Assigned task:
Once you find the line containing "-- What the" in the data below, copy it and each following line exactly, up to and including the line containing "classify_rest prefix rest key none", and nothing else.

Stored data
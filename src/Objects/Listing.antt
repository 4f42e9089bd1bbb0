-- ===== src/Objects/Listing.antt =====
-- src/db/repository.rs: listings by prefix and delimiter or by search, in pages. Lengths and indexes
-- count characters where the source counts bytes, so a delimiter begins with a one-byte character.
pub mod Totals
use mathlib.Core.List.{reverse}
use my_s.Common.{
  Bool, List, Option, Text, [], codes, contains, ends_with, false, if◌then◌else◌, is_empty, map,
  nat_beq, none, not, order_by, select, slash, some, split, starts_with, strip_prefix, take,
  text_beq, text_leb, true, ℕ, ℤ, ◌&&◌, ◌++◌, ◌+◌, ◌∷◌,
}
use my_s.Database.{Db}
use my_s.Models.{ObjectRecord}
use my_s.Objects.Folders.{FolderEntry, greatest, least, name_leb}
use my_s.Objects.Paging.{PrefixListResult, page_folder_object_lists}
use my_s.Objects.Rows.{is_active}
use my_s.Sql.Like.{backslash, like, like_escape, percent}

unfoldable pub add_row : FolderEntry → ObjectRecord → FolderEntry
add_row e row = record {
  prefix = e.prefix;
  date_created = some (least e.date_created row.date_uploaded);
  date_modified = some (greatest e.date_modified row.date_modified);
  total_bytes = e.total_bytes + row.filesize_bytes;
  object_count = e.object_count + 1;
}

-- The loop over the rows; a row outside the prefix is skipped.
unfoldable pub add_rows : FolderEntry → List ObjectRecord → FolderEntry
unfolding add_row
add_rows e [] = e
add_rows e (row ∷ rows) =
    let skipped = add_rows e rows in
    let added = add_rows (add_row e row) rows in
    if starts_with e.prefix row.original_filename then added else skipped

unfoldable pub folder_entry_from_rows : Text → List ObjectRecord → FolderEntry
folder_entry_from_rows prefix rows =
    add_rows
      (record {
        prefix = prefix;
        date_created = none;
        date_modified = none;
        total_bytes = 0;
        object_count = 0;
      })
      rows

-- `BTreeSet::insert`
unfoldable pub set_insert : Text → List Text → List Text
set_insert t [] = t ∷ []
set_insert t (u ∷ us) =
    let rest = set_insert t us in
    if text_beq t u then u ∷ us else if text_leb t u then t ∷ u ∷ us else u ∷ rest

-- `rsplit('/').next()`
abbrev last_part : Text → List Text → Text
last_part d [] = d
last_part d (w ∷ ws) = last_part w ws

unfoldable pub base_name : Text → Text
base_name key = last_part [] (split slash key)

abbrev pub keep : Text
keep = codes ".keep"

abbrev strip_suffix : Text → Text → Option Text
strip_suffix suffix s = elim (strip_prefix (reverse suffix) (reverse s)) [
  | none ↦ none
  | some t ↦ some (reverse t)
]

abbrev as_folder : Text → Text
as_folder dir = if ends_with (slash ∷ []) dir then dir else dir ++ slash ∷ []

abbrev add_keep_folder : Option Text → List Text → List Text
add_keep_folder none folders = folders
add_keep_folder (some dir) folders = set_insert (as_folder dir) folders

-- `to_lowercase` follows the tables of Unicode.
module _ (to_lowercase : Text → Text) where
  -- The loop over the segments of a key; the last one is the name of the object.
  unfoldable pub add_segments : Text → Text → List Text → List Text → List Text
  add_segments q acc [] folders = folders
  add_segments q acc (seg ∷ []) folders = folders
  add_segments q acc (seg ∷ next ∷ segs) folders =
      let dir = acc ++ seg ++ slash ∷ [] in
      add_segments q dir (next ∷ segs)
        (if contains q (to_lowercase seg) then set_insert dir folders else folders)

  unfoldable pub search_folders : Text → List ObjectRecord → List Text → List Text
  search_folders q [] folders = folders
  search_folders q (row ∷ rows) folders = search_folders q rows (
      if text_beq (base_name row.original_filename) keep
      then add_keep_folder (strip_suffix keep row.original_filename) folders
      else add_segments q [] (split slash row.original_filename) folders)

  unfoldable pub search_folder_prefixes : Text → List ObjectRecord → List Text
  search_folder_prefixes q rows = search_folders (to_lowercase q) rows []

-- `find`, counting characters
unfoldable pub find : Text → Text → Option ℕ
find d [] = if is_empty d then some 0 else none
find d (c ∷ s) =
    let rest = find d s in
    if starts_with d (c ∷ s) then some 0 else elim rest [ none ↦ none | some n ↦ some (n + 1) ]

-- What the loop over the rows makes of a key: a folder below the prefix, an object at this level,
-- or nothing.
pub data Entry : Type 0 where
  below : Text → Entry
  here skipped : Entry

abbrev classify_rest : Text → Text → Text → Option ℕ → Entry
classify_rest prefix rest key (some idx) = below (prefix ++ take (idx + 1) rest)
classify_rest prefix rest key none = if text_beq (base_name key) keep then skipped else here

unfoldable pub classify : Text → Text → Text → Entry
classify prefix delimiter key = elim (strip_prefix prefix key) [
  | none ↦ skipped
  | some rest ↦ classify_rest prefix rest key (find delimiter rest)
]

abbrev add_common : Entry → List Text → List Text
add_common (below t) common = set_insert t common
add_common _ common = common

unfoldable pub level_prefixes : Text → Text → List ObjectRecord → List Text → List Text
level_prefixes prefix delimiter [] common = common
level_prefixes prefix delimiter (row ∷ rows) common =
    level_prefixes prefix delimiter rows
      (add_common (classify prefix delimiter row.original_filename) common)

abbrev pub is_here : Entry → Bool
is_here here = true
is_here _ = false

unfoldable pub level_objects : Text → Text → List ObjectRecord → List ObjectRecord
level_objects prefix delimiter rows =
    select (λ (row : ObjectRecord). is_here (classify prefix delimiter row.original_filename)) rows

-- The rows of the query, in one bucket or in all.
abbrev pub matching_rows : Text → Option ℕ → Db → List ObjectRecord
matching_rows pattern_text bucket_id db = order_by name_leb (
    select
      (λ (o : ObjectRecord).
        is_active o
        && (elim bucket_id [ none ↦ true | some b ↦ nat_beq o.bucket_id b ]
            && like (some backslash) pattern_text o.original_filename))
      db.objects)

abbrev pub not_keep : ObjectRecord → Bool
not_keep o = not (text_beq (base_name o.original_filename) keep)

-- `search.filter(|s| !s.is_empty())`: empty for none.
abbrev query : Option Text → Text
query none = []
query (some q) = q

module _ (to_lowercase : Text → Text) where
  abbrev list_found : Text → Text → Text → List ObjectRecord → ℤ → ℤ → PrefixListResult
  list_found q prefix delimiter rows offset limit =
      page_folder_object_lists
        (map (λ cp. folder_entry_from_rows cp rows) (search_folder_prefixes to_lowercase q rows))
        (select not_keep rows) prefix delimiter offset limit

  unfoldable pub list_objects_with_prefix :
      Text → Text → Option Text → Option ℕ → ℤ → ℤ → Db → PrefixListResult
  list_objects_with_prefix prefix delimiter asked bucket_id offset limit db =
      let rows = matching_rows (like_escape prefix ++ percent ∷ []) bucket_id db in
      let q = query asked in
      if not (is_empty q)
      then list_found q prefix delimiter
          (matching_rows (percent ∷ like_escape q ++ percent ∷ []) bucket_id db) offset limit
      else if is_empty delimiter
      then page_folder_object_lists [] (select not_keep rows) prefix delimiter offset limit
      else page_folder_object_lists
          (map (λ cp. folder_entry_from_rows cp rows) (level_prefixes prefix delimiter rows []))
          (level_objects prefix delimiter rows) prefix delimiter offset limit
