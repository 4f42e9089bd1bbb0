-- ===== src/Objects/Listing/Totals.antt =====
-- src/db/repository.rs: the totals of a folder in a listing.
use my_s.Common.{List, Text, [], arith, length, none, select, starts_with, sum, ◌+◌, ◌∷◌, ◌≡◌}
use my_s.Models.{ObjectRecord}
use my_s.Objects.Folders.{FolderEntry}
use my_s.Objects.Listing.{add_row, add_rows, folder_entry_from_rows}

add_rows-totals :
    (e : FolderEntry) (rows : List ObjectRecord)
    → (let r = add_rows e rows in
        let inside = select (λ (o : ObjectRecord). starts_with e.prefix o.original_filename) rows in
        (r.total_bytes ≡ e.total_bytes + sum (λ (o : ObjectRecord). o.filesize_bytes) inside)
        × (r.object_count ≡ e.object_count + length inside))
unfolding add_rows add_row select sum
add_rows-totals e [] = (ground arith, ground arith)
add_rows-totals e (row ∷ rows) =
    ground (arith, add_rows-totals e rows, add_rows-totals (add_row e row) rows)

-- A folder of a listing has the total size and the number of the rows whose key begins with its
-- prefix, as that prefix is written.
folder_entry_from_rows-totals :
    (prefix : Text) (rows : List ObjectRecord)
    → (let r = folder_entry_from_rows prefix rows in
        let inside = select (λ (o : ObjectRecord). starts_with prefix o.original_filename) rows in
        (r.total_bytes ≡ sum (λ (o : ObjectRecord). o.filesize_bytes) inside)
        × (r.object_count ≡ length inside))
unfolding folder_entry_from_rows
folder_entry_from_rows-totals prefix rows = ground (
  arith,
  add_rows-totals
      (record {
        prefix = prefix;
        date_created = none;
        date_modified = none;
        total_bytes = 0;
        object_count = 0;
      })
      rows,
)
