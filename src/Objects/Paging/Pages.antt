-- ===== src/Objects/Paging/Pages.antt =====
-- src/db/repository.rs: pages of a listing.
use my_s.Common.{
  List, Text, [], arith, drop, inl, inr, length, ltb, map, min, refl, suc, take, to_nat, zero, ℕ, ℤ,
  ◌++◌, ◌+◌, ◌-◌, ◌∷◌, ◌≡◌, ◌≤◌, ◌⊎◌,
}
use my_s.Models.{ObjectRecord}
use my_s.Objects.Folders.{FolderEntry}
use my_s.Objects.Paging.{
  page_end, page_folder_object_lists, page_folders, page_limit, page_objects, usize_max,
}

module _ {ℓ} {A : Type ℓ} where
  length-take : (n : ℕ) (xs : List A) → length (take n xs) ≡ min n (length xs)
  length-take zero xs = ground arith
  length-take (suc n) [] = ground arith
  length-take (suc n) (x ∷ xs) = ground (arith, length-take n xs)

  length-drop : (n : ℕ) (xs : List A) → length (drop n xs) ≡ length xs - n
  length-drop zero xs = ground arith
  length-drop (suc n) [] = ground arith
  length-drop (suc n) (x ∷ xs) = ground (arith, length-drop n xs)

  drop-all : (n : ℕ) (xs : List A) → length xs ≤ n → drop n xs ≡ []
  drop-all zero [] h = refl
  drop-all zero (x ∷ xs) h = ground arith
  drop-all (suc n) [] h = refl
  drop-all (suc n) (x ∷ xs) h = drop-all n xs (omega arith)

  take-nil : (n : ℕ) → take {A = A} n [] ≡ []
  take-nil zero = refl
  take-nil (suc n) = refl

  take-enough :
      (m n : ℕ) (xs : List A) → min m (length xs) ≡ min n (length xs) → take m xs ≡ take n xs
  take-enough zero zero xs h = refl
  take-enough zero (suc n) [] h = refl
  take-enough zero (suc n) (x ∷ xs) h = ground arith
  take-enough (suc m) zero [] h = refl
  take-enough (suc m) zero (x ∷ xs) h = ground arith
  take-enough (suc m) (suc n) [] h = refl
  take-enough (suc m) (suc n) (x ∷ xs) h = ground (arith, take-enough m n xs)

-- The listing as one sequence.
abbrev pub entries : List FolderEntry → List ObjectRecord → List (FolderEntry ⊎ ObjectRecord)
entries folders objects = map inl folders ++ map inr objects

module _ {A B : Type 0} where
  map-take : (f : A → B) (n : ℕ) (xs : List A) → map f (take n xs) ≡ take n (map f xs)
  map-take f zero xs = refl
  map-take f (suc n) [] = refl
  map-take f (suc n) (x ∷ xs) = ground (arith, map-take f n xs)

  map-drop : (f : A → B) (n : ℕ) (xs : List A) → map f (drop n xs) ≡ drop n (map f xs)
  map-drop f zero xs = refl
  map-drop f (suc n) [] = refl
  map-drop f (suc n) (x ∷ xs) = ground (arith, map-drop f n xs)

entries-window :
    (n s : ℕ) (fs : List FolderEntry) (os : List ObjectRecord)
    → entries (take n (drop s fs)) (take (n - (length fs - s)) (drop (s - length fs) os))
      ≡ take n (drop s (entries fs os))
entries-window n s [] os = ground (
  arith,
  drop-all {A = FolderEntry} s [],
  take-nil {A = FolderEntry} n,
  map-drop {A = ObjectRecord} {B = FolderEntry ⊎ ObjectRecord} inr s os,
  map-take {A = ObjectRecord} {B = FolderEntry ⊎ ObjectRecord} inr n (drop s os),
)
entries-window zero zero (f ∷ fs) os = ground arith
entries-window (suc n) zero (f ∷ fs) os = ground (arith, entries-window n zero fs os)
entries-window n (suc s) (f ∷ fs) os = ground (arith, entries-window n s fs os)

page_folders-window :
    (n s e : ℕ) (fs : List FolderEntry)
    → e ≡ min (s + n) usize_max
    → length fs ≤ usize_max
    → page_folders fs s e ≡ take n (drop s fs)
page_folders-window n s e fs h k = ground (
  arith,
  drop-all s fs,
  length-drop s fs,
  take-nil {A = FolderEntry} n,
  take-enough (min e (length fs) - s) n (drop s fs),
)

page_objects-window :
    (n s e flen : ℕ) (os : List ObjectRecord)
    → e ≡ min (s + n) usize_max
    → flen + length os ≤ usize_max
    → page_objects flen os s e ≡ take (n - (flen - s)) (drop (s - flen) os)
page_objects-window n s e flen os h k = ground (
  arith,
  drop-all (s - flen) os,
  length-drop (s - flen) os,
  take-nil {A = ObjectRecord} (n - (flen - s)),
  take-enough 0 (n - (flen - s)) (drop (s - flen) os),
  take-enough (min (e - flen) (length os) - (s - flen)) (n - (flen - s)) (drop (s - flen) os),
)

-- If the listing has at most `usize_max` entries, the folders and then the objects of a page are
-- the `limit` entries from `offset` on of the folders and then the objects of the listing; a
-- negative offset counts as 0, a limit that is not positive as no limit.
pub page_folder_object_lists-window :
    (folders : List FolderEntry) (objects : List ObjectRecord) (prefix delimiter : Text)
    (offset limit : ℤ)
    → length folders + length objects ≤ usize_max
    → (let r = page_folder_object_lists folders objects prefix delimiter offset limit in
        entries r.folders r.objects)
      ≡ take (page_limit limit) (drop (to_nat offset) (entries folders objects))
unfolding page_folder_object_lists
page_folder_object_lists-window folders objects prefix delimiter offset limit h = ground (
  arith,
  page_folders-window (page_limit limit) (to_nat offset) (page_end offset limit) folders,
  page_objects-window (page_limit limit) (to_nat offset) (page_end offset limit) (length folders)
      objects,
  entries-window (page_limit limit) (to_nat offset) folders objects,
)

-- If the listing has at most `usize_max` entries, a page says that there are more exactly when it
-- ends before the last entry.
pub page_folder_object_lists-has_more :
    (folders : List FolderEntry) (objects : List ObjectRecord) (prefix delimiter : Text)
    (offset limit : ℤ)
    → length folders + length objects ≤ usize_max
    → (page_folder_object_lists folders objects prefix delimiter offset limit).has_more
      ≡ ltb (to_nat offset + page_limit limit) (length folders + length objects)
unfolding page_folder_object_lists
page_folder_object_lists-has_more folders objects prefix delimiter offset limit h = ground (
  arith,
  page_folders-window (page_limit limit) (to_nat offset) (page_end offset limit) folders,
  page_objects-window (page_limit limit) (to_nat offset) (page_end offset limit) (length folders)
      objects,
  length-take (page_limit limit) (drop (to_nat offset) folders),
  length-drop (to_nat offset) folders,
  length-take (page_limit limit - (length folders - to_nat offset))
      (drop (to_nat offset - length folders) objects),
  length-drop (to_nat offset - length folders) objects,
)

Task output:
-- What the loop over the rows makes of a key: a folder below the prefix, an object at this level,
-- or nothing.
pub data Entry : Type 0 where
  below : Text → Entry
  here skipped : Entry

abbrev classify_rest : Text → Text → Text → Option ℕ → Entry
classify_rest prefix rest key (some idx) = below (prefix ++ take (idx + 1) rest)
classify_rest prefix rest key none = if text_beq (base_name key) keep then skipped else here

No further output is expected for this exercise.